The positions of State Treasurer and State Attorney General both went to the Democratic incumbents.

Democrat Shemia Fagan won the race for Secretary of State against Republican Kim Thatcher with 50 percent of the vote. Fagan will be replacing incumbent Bev Clarno, who did not run this year. With the 2020 census having just been conducted, Fagan will oversee the drawing of legislative districts in Oregon.

Central Oregon

After a long campaign focusing on funding for education, healthcare, and combating climate change, Bend’s own State House district 54 was taken from Republican Cheri Helt by Democratic candidate Jason Kropf with over 60% of the vote. “[I’d] like to thank Rep.
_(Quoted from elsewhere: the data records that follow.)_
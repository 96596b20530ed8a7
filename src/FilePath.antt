-- ===== src/FilePath.antt =====
-- Go's `path/filepath` on Unix: Clean, Join, Base, Dir and Rel, over "/"-separated components.
pub mod Plain
pub mod Names
use preprocessing_sfa.Prelude.{
  String, Bool, ◌&&◌, ◌||◌, not, Option, none, some, List, [], ◌∷◌, ◌++◌, reverse,
}
use preprocessing_sfa.Prelude.Text.{◌==◌, ◌+s◌, if◌then◌else◌, join_with, split_slash}
use text.Mathlib.Text.{starts_with}

-- One element of `Clean`'s loop; the stack has its top at the head.
clean_step : Bool → List String → String → List String
clean_step rooted stack part =
    if part == "" || part == "."
    then stack
    else if part == ".."
    then (elim stack [
      | [] ↦ if rooted then [] else ".." ∷ []
      | top ∷ rest ↦ if top == ".." then ".." ∷ top ∷ rest else rest
    ])
    else part ∷ stack

pub clean_from : Bool → List String → List String → List String
clean_from rooted stack [] = reverse stack
clean_from rooted stack (part ∷ parts) = clean_from rooted (clean_step rooted stack part) parts

pub is_rooted : String → Bool
is_rooted path = starts_with path "/"

-- The components of the cleaned path.
unfoldable pub components : String → List String
unfolding clean_from clean_step is_rooted split_slash
components path = clean_from (is_rooted path) [] (split_slash path)

-- `filepath.Clean`.
unfoldable pub clean : String → String
unfolding components join_with is_rooted
clean path =
    let body = join_with "/" (components path) in
    if is_rooted path then "/" +s body else if body == "" then "." else body

-- `filepath.Join`: leading empty elements are dropped, and no element at all is "".
unfoldable pub join : List String → String
unfolding clean
join [] = ""
join (s ∷ rest) = let tail = join rest in if s == "" then tail else clean (join_with "/" (s ∷ rest))

last_nonempty : String → List String → String
last_nonempty found [] = found
last_nonempty found (part ∷ parts) = last_nonempty (if part == "" then found else part) parts

-- `filepath.Base`.
unfoldable pub base : String → String
unfolding last_nonempty split_slash
base path = if path == "" then "." else last_nonempty "/" (split_slash path)

-- All parts but the last, each with its slash.
up_to_last_slash : List String → String
up_to_last_slash [] = ""
up_to_last_slash (part ∷ []) = ""
up_to_last_slash (part ∷ next ∷ parts) = part +s "/" +s up_to_last_slash (next ∷ parts)

-- `filepath.Dir`.
unfoldable pub dir : String → String
unfolding clean up_to_last_slash split_slash
dir path = clean (up_to_last_slash (split_slash path))

climb : List String → List String
climb [] = []
climb (part ∷ parts) = ".." ∷ climb parts

-- What is left of the base and of the target behind their common prefix.
rel_from : List String → List String → Option String
rel_from [] ts = some (join_with "/" ts)
rel_from (b ∷ bs) [] = if b == ".." then none else some (join_with "/" (climb (b ∷ bs)))
rel_from (b ∷ bs) (t ∷ ts) =
    let rest = rel_from bs ts in
    if b == t
    then rest
    else if b == ".."
    then none
    else some (join_with "/" (climb (b ∷ bs) ++ t ∷ ts))

-- `filepath.Rel`; `none` is its error.
unfoldable pub rel : String → String → Option String
unfolding rel_from climb clean components is_rooted join_with
rel from to =
    if clean from == clean to
    then some "."
    else if (is_rooted from && not (is_rooted to)) || (not (is_rooted from) && is_rooted to)
    then none
    else rel_from (components from) (components to)
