-- ===== src/FileSystem.antt =====
-- What the program asks of the operating system's file tree, and internal/fsutil/fsutil.go.
-- The tree itself is outside the program: it is the parameter `Fs`.
pub mod Search
pub mod Tests
use preprocessing_sfa.Prelude.{String, Bool, true, false, Option, none, some, List, [], ◌∷◌, ◌++◌}
use preprocessing_sfa.Prelude.Text.{◌==◌, ◌+s◌, if◌then◌else◌}

-- One call of `filepath.WalkDir`'s callback: an entry, or an error that the walk met.
pub data Visit : Type 0 where
  entry : (path name : String) (is_dir : Bool) → Visit
  failed : String → Visit

pub record Fs : Type 0 where
  -- `os.Stat`: the error, if there is one.
  pub stat : String → Option String
  -- The calls that `filepath.WalkDir` makes below a root, in its lexical order.
  pub walk : String → List Visit

-- A value or the text of an error.
pub data Result {ℓ} (A : Type ℓ) : Type ℓ where
  ok : A → Result A
  err : String → Result A

abbrev is_none : Option String → Bool
is_none none = true
is_none (some _) = false

-- `FileExists`.
unfoldable pub file_exists : Fs → String → Bool
file_exists fs path = is_none (fs.stat path)

-- The callback of `FindFilename` over the visits; the walk ends at the first error.
unfoldable pub find_from : String → List String → List Visit → Result (List String)
find_from target found [] = ok found
find_from target found (failed e ∷ visits) = err ("find filename: " +s e)
find_from target found (entry path name is_dir ∷ visits) =
    find_from target (if name == target then found ++ path ∷ [] else found) visits

-- `FindFilename`.
unfoldable pub find_filename : Fs → String → String → Result (List String)
unfolding find_from
find_filename fs root name = find_from name [] (fs.walk root)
Helt for a hard-fought campaign and her years of public service to our community,” Kropf’s campaign said on Tuesday.  “I look forward to putting the election behind us and moving forward together to make real progress on the issues that matter to Bend voters.”

The house district for Redmond and Bend’s area, district 53, was held by incumbent Republican Jack Zika with over 57% of the vote. “I’m honored to represent Central Oregon again in the legislature and continuing to work towards making it affordable for all Central Oregonians,” said Zika’s campaign on Wednesday.

The race for Bend’s State Senate District 27, which includes Redmond and other rural areas, has not yet been called. As of Nov 11, incumbent Republican Tim Knopp was up by 1.64% of the vote against Democrat Eileen Kiely. Knopp has been the senator for that district since 2013 and famously walked out of the State Senate session to block the 2019 cap and trade bill’s passing. On Thursday, Knopp clarified that the election was not yet over, citing several challenged ballots higher than his current lead margin. “It’s been an unusual campaign year, to say the least, but it’s not over,” his campaign said.

In Bend, city council positions 1 through 4 were up for election, and Democratic Party-endorsed candidates won all of the positions. This unseated current Republican councilmembers Justin Livingston and Chris Piper. Piper was appointed by mayor Sally Russel in 2018 to fill an empty seat.

Current Deschutes county sheriff Shane Nelson won his reelection against challenger Scott Schaier, a former Bend Police officer, with 55.93% of the vote.

Democrat Phil Chang beat incumbent Republican Phil Henderson for Deschutes County Commissioner, with 52 percent of the vote. “[We] shared a vision for a county that grows well, with services to meet the growing needs of our community,” Chang’s campaign said on Wednesday. “Now, we get to move forward with making that vision a reality!”

Ballot Measures

As for ballot measures, every state measure passed in this year’s election. Measure 107, which will allow cities and districts to make their own campaign finance laws, Measure 108, which increases taxes on tobacco products, Measure 109, which legalizes the use of psilocybin for research and eventually medical purposes, and Measure 110, which changes the law such that those charged with only drug possession face time in state-funded drug rehabilitation centers, all passed.

Locally, bond measures were passed for both the Deschutes Public Library District and the Redmond School District to increase funding. Voters chose not to allow additional marijuana manufacturing facilities to be constructed in Deschutes County outside of cities. Bend voters passed a bond measure to improve transit options and quality in the city.